Collected data
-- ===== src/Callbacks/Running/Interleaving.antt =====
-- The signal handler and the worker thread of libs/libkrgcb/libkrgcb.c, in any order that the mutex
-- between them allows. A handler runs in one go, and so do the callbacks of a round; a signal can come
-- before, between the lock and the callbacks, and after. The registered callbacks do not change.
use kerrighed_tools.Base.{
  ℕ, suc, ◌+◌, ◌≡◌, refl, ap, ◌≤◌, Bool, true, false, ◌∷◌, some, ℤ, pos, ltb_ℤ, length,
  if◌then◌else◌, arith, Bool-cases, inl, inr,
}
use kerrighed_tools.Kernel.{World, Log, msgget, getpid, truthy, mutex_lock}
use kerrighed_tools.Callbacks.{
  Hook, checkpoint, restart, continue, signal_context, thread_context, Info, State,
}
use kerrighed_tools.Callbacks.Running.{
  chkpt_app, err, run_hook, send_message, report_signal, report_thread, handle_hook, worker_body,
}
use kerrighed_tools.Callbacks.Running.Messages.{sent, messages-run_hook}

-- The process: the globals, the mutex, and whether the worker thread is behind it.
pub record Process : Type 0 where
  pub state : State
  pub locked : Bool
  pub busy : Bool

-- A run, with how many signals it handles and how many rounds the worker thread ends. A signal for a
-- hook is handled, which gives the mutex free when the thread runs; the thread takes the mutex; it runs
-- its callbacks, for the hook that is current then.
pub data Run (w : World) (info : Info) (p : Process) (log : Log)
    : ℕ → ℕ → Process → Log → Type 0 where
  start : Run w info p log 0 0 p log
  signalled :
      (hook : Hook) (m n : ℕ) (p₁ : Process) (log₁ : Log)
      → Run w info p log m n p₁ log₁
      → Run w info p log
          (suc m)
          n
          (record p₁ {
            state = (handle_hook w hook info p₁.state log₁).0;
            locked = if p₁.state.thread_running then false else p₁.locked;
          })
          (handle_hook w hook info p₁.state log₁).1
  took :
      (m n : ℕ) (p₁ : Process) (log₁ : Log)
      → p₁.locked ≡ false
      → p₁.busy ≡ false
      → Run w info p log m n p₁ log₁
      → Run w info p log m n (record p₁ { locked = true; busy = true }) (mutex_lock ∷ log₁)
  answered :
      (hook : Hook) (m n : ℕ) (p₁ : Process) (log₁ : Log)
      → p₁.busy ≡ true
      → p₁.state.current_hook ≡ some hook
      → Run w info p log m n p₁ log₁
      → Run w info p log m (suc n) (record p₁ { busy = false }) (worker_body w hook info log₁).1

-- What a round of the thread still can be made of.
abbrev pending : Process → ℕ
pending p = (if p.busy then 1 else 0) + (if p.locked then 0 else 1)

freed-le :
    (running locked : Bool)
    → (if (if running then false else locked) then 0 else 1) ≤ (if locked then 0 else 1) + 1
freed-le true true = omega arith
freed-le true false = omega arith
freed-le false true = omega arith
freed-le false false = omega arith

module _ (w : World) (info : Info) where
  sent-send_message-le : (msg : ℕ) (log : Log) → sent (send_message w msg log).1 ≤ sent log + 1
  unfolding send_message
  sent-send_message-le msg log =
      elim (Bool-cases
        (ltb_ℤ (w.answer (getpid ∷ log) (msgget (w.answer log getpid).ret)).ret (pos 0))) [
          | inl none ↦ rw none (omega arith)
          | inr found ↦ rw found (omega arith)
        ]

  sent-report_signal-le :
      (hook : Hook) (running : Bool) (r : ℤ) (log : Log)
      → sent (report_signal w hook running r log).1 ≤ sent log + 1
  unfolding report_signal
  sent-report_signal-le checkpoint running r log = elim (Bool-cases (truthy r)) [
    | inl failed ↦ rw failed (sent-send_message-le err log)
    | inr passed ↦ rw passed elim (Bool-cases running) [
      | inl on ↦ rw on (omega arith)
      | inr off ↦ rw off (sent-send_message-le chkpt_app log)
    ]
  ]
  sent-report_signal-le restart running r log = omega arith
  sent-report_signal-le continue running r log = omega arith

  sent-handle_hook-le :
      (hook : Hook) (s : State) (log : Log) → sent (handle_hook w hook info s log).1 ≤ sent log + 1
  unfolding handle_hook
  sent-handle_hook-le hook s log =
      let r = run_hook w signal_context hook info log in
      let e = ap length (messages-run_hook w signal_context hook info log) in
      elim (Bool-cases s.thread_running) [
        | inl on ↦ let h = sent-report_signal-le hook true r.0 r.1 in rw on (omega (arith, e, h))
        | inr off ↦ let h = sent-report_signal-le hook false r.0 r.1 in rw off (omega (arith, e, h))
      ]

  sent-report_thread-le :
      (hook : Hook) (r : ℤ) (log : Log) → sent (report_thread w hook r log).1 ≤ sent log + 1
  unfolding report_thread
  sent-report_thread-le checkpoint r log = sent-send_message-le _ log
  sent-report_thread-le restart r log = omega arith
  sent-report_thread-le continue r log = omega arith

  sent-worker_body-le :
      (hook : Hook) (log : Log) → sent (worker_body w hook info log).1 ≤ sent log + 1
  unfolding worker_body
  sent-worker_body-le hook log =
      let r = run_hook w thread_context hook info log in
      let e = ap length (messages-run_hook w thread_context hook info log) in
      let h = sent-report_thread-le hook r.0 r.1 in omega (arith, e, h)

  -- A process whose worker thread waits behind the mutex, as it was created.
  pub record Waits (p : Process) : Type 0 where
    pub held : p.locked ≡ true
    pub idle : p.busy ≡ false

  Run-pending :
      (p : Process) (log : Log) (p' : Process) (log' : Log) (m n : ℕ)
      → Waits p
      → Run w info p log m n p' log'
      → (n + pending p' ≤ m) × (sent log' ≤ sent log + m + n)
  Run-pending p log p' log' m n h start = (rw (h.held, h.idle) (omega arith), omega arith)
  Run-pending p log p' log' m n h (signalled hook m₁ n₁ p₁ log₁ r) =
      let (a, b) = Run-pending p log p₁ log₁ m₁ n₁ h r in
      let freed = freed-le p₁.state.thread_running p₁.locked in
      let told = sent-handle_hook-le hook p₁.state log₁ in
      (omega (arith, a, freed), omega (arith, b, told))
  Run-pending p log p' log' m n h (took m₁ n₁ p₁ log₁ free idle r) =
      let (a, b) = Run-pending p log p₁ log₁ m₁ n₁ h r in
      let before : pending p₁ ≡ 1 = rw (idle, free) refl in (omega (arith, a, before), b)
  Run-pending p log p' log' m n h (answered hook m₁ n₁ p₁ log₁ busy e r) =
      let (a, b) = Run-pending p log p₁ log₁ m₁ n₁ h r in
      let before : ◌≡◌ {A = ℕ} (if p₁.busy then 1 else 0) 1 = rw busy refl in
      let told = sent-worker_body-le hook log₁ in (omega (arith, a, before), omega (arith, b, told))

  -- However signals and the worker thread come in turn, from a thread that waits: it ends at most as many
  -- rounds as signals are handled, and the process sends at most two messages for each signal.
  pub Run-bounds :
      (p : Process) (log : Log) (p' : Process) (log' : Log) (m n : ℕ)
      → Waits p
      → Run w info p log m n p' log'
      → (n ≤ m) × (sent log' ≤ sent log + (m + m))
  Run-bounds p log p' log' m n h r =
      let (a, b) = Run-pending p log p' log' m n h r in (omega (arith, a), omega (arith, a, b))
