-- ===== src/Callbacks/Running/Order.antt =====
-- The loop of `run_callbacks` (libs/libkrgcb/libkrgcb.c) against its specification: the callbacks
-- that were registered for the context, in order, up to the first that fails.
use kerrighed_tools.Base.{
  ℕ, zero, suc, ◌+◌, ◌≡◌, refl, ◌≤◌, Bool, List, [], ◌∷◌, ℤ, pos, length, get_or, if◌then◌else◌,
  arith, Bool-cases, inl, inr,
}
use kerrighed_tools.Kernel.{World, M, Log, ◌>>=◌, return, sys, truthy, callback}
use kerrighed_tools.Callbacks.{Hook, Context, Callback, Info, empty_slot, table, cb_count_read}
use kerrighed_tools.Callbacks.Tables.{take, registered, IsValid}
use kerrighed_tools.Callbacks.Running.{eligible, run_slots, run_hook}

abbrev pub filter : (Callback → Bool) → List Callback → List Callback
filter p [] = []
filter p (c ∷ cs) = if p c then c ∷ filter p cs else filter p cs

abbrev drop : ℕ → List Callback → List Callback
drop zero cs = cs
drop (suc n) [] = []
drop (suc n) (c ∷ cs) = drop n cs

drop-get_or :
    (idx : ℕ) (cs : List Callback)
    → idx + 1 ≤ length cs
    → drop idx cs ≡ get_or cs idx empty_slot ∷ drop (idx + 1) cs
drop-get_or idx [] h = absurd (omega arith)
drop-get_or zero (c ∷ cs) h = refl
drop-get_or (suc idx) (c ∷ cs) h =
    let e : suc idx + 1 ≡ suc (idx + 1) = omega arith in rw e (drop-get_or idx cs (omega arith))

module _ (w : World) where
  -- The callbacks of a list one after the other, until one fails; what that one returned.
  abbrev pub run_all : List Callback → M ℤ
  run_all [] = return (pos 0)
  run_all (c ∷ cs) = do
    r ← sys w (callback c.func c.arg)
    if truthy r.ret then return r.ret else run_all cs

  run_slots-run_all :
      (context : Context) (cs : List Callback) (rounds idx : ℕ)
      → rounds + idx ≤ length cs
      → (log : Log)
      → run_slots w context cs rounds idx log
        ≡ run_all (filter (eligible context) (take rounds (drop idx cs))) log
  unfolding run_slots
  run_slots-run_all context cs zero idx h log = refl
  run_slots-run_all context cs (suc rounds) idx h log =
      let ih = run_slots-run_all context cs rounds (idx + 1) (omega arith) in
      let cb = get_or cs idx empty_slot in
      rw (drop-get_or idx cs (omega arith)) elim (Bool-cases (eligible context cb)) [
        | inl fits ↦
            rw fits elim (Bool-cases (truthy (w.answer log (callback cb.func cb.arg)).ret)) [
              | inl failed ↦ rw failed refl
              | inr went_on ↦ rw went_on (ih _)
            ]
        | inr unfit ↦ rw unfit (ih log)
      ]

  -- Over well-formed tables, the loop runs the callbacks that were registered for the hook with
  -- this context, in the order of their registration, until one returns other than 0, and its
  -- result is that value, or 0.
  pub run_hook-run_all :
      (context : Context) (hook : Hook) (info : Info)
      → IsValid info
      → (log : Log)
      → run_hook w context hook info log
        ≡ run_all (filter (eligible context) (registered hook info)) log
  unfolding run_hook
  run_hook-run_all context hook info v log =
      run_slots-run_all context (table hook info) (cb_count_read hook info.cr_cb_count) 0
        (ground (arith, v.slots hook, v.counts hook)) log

PROBLEM TO SOLVE: Please give again the lines above between the line holding "(hook : Hook) (log" and the line holding "let e = ap length (messages-run_hook w thread_context", inclusive, exactly as they are and with nothing added.

YOUR RESPONSE:
      (hook : Hook) (log : Log) → sent (worker_body w hook info log).1 ≤ sent log + 1
  unfolding worker_body
  sent-worker_body-le hook log =
      let r = run_hook w thread_context hook info log in
      let e = ap length (messages-run_hook w thread_context hook info log) in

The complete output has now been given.